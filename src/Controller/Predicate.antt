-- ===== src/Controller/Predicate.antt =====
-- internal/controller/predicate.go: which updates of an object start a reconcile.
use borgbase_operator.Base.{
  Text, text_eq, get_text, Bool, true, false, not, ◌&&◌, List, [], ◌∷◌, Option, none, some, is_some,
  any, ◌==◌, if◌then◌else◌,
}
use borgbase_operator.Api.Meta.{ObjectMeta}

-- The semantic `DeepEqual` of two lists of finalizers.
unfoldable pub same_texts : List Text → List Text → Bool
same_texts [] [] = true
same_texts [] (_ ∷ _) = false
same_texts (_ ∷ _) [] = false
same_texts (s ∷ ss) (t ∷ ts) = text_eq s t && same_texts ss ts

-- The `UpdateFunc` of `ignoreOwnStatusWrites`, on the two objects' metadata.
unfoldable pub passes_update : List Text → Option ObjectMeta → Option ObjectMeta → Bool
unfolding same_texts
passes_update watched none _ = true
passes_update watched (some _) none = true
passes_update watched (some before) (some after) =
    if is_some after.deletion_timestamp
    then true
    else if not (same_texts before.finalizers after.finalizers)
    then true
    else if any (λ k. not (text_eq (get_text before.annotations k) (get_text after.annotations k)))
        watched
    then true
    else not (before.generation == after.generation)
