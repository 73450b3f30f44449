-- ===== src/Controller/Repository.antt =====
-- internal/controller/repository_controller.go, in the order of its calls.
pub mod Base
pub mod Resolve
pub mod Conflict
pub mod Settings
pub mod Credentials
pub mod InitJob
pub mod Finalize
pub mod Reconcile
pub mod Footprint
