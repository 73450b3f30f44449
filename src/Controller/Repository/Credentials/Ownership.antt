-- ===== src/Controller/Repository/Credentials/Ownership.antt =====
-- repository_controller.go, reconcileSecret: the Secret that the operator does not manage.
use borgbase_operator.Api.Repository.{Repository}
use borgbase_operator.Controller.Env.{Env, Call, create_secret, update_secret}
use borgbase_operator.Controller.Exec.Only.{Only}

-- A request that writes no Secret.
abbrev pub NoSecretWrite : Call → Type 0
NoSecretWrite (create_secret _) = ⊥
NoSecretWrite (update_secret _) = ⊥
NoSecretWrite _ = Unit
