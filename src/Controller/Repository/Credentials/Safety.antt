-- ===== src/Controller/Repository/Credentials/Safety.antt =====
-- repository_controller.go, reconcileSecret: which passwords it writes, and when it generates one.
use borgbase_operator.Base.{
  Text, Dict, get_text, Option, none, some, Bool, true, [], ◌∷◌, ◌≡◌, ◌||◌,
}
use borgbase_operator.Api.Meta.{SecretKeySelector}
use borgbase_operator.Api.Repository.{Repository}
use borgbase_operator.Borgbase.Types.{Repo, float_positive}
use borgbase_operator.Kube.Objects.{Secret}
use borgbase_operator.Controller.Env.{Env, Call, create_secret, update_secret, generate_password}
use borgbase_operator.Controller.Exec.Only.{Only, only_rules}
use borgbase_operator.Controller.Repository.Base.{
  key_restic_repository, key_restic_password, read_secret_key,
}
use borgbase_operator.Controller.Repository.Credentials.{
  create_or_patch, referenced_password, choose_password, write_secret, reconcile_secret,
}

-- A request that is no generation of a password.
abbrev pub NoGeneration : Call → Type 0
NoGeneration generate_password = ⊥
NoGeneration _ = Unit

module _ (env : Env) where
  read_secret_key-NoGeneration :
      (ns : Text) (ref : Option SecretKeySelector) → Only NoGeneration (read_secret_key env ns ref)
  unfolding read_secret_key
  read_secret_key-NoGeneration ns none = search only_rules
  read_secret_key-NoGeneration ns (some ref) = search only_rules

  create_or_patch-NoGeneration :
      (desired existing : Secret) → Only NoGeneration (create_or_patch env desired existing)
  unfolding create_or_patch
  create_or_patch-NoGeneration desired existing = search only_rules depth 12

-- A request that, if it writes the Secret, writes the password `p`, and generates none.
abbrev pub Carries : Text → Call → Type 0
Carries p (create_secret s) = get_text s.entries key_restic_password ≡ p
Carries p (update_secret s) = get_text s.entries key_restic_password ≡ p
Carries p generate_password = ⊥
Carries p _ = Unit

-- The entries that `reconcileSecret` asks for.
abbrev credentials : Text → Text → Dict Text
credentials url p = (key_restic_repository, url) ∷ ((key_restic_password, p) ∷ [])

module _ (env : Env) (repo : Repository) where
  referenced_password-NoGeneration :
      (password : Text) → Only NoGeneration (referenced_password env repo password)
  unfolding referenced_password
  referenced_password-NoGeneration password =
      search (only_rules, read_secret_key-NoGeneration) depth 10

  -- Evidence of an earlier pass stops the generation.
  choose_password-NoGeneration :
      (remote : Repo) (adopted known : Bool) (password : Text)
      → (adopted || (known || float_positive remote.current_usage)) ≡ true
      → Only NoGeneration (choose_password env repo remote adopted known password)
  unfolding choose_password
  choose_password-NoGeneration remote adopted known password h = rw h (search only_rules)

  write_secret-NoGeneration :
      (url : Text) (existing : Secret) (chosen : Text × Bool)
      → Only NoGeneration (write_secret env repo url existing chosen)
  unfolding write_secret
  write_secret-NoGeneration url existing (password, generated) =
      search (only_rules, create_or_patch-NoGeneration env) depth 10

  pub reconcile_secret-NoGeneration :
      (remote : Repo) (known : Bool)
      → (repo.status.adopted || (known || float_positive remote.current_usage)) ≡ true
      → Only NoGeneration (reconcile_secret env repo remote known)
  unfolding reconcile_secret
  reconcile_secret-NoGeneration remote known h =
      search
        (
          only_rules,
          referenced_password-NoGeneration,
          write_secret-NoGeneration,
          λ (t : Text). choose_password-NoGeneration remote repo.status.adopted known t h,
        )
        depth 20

* * * * * * *

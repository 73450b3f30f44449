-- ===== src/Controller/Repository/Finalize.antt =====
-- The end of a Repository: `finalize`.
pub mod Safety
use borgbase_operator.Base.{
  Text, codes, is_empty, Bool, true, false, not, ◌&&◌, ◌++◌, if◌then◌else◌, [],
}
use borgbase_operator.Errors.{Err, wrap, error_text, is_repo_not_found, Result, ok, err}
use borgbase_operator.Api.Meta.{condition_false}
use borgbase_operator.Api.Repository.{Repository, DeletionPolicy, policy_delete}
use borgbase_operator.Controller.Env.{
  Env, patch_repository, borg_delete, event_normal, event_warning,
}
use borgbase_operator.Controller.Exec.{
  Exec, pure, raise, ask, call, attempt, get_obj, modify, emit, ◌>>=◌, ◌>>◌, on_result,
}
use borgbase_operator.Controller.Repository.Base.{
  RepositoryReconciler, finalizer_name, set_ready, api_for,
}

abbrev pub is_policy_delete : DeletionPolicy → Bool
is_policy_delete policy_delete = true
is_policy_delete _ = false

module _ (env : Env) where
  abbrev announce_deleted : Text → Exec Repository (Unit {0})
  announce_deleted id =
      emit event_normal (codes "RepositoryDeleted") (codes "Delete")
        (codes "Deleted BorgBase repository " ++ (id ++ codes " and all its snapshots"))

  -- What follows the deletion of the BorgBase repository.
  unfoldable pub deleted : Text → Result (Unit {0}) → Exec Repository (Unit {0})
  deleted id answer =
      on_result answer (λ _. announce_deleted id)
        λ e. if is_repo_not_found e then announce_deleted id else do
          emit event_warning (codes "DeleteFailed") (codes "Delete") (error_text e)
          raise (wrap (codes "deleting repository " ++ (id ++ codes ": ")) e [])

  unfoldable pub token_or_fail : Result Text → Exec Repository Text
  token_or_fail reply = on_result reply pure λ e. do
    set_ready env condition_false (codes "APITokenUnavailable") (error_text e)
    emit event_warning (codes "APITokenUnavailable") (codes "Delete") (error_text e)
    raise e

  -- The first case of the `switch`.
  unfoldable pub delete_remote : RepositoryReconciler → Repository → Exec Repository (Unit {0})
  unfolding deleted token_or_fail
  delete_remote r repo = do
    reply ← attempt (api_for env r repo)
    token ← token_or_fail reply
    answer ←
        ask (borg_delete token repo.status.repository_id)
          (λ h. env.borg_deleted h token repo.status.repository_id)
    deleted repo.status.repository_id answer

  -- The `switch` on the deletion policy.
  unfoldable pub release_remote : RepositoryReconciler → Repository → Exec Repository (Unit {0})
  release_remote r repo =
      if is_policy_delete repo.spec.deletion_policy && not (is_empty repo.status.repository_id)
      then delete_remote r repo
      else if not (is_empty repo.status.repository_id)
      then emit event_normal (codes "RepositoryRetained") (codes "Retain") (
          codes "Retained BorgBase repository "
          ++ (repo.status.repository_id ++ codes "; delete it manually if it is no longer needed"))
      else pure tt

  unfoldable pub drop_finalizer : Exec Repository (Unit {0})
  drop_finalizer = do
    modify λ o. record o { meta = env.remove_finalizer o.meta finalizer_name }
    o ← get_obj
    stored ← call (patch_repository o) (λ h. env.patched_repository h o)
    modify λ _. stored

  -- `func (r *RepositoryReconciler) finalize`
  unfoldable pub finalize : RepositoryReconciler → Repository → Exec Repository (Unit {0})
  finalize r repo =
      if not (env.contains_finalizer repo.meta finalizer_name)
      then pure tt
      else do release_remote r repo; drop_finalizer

* * * * * * *

→ **What you should do**
The entries above hold a line with "module _ (env : Env) (repo" and a later line with "(remote : Repo) (adopted". Write out exactly those lines and all lines between, nothing more.

→ **Result of this task**
module _ (env : Env) (repo : Repository) where
  referenced_password-NoGeneration :
      (password : Text) → Only NoGeneration (referenced_password env repo password)
  unfolding referenced_password
  referenced_password-NoGeneration password =
      search (only_rules, read_secret_key-NoGeneration) depth 10

  -- Evidence of an earlier pass stops the generation.
  choose_password-NoGeneration :
      (remote : Repo) (adopted known : Bool) (password : Text)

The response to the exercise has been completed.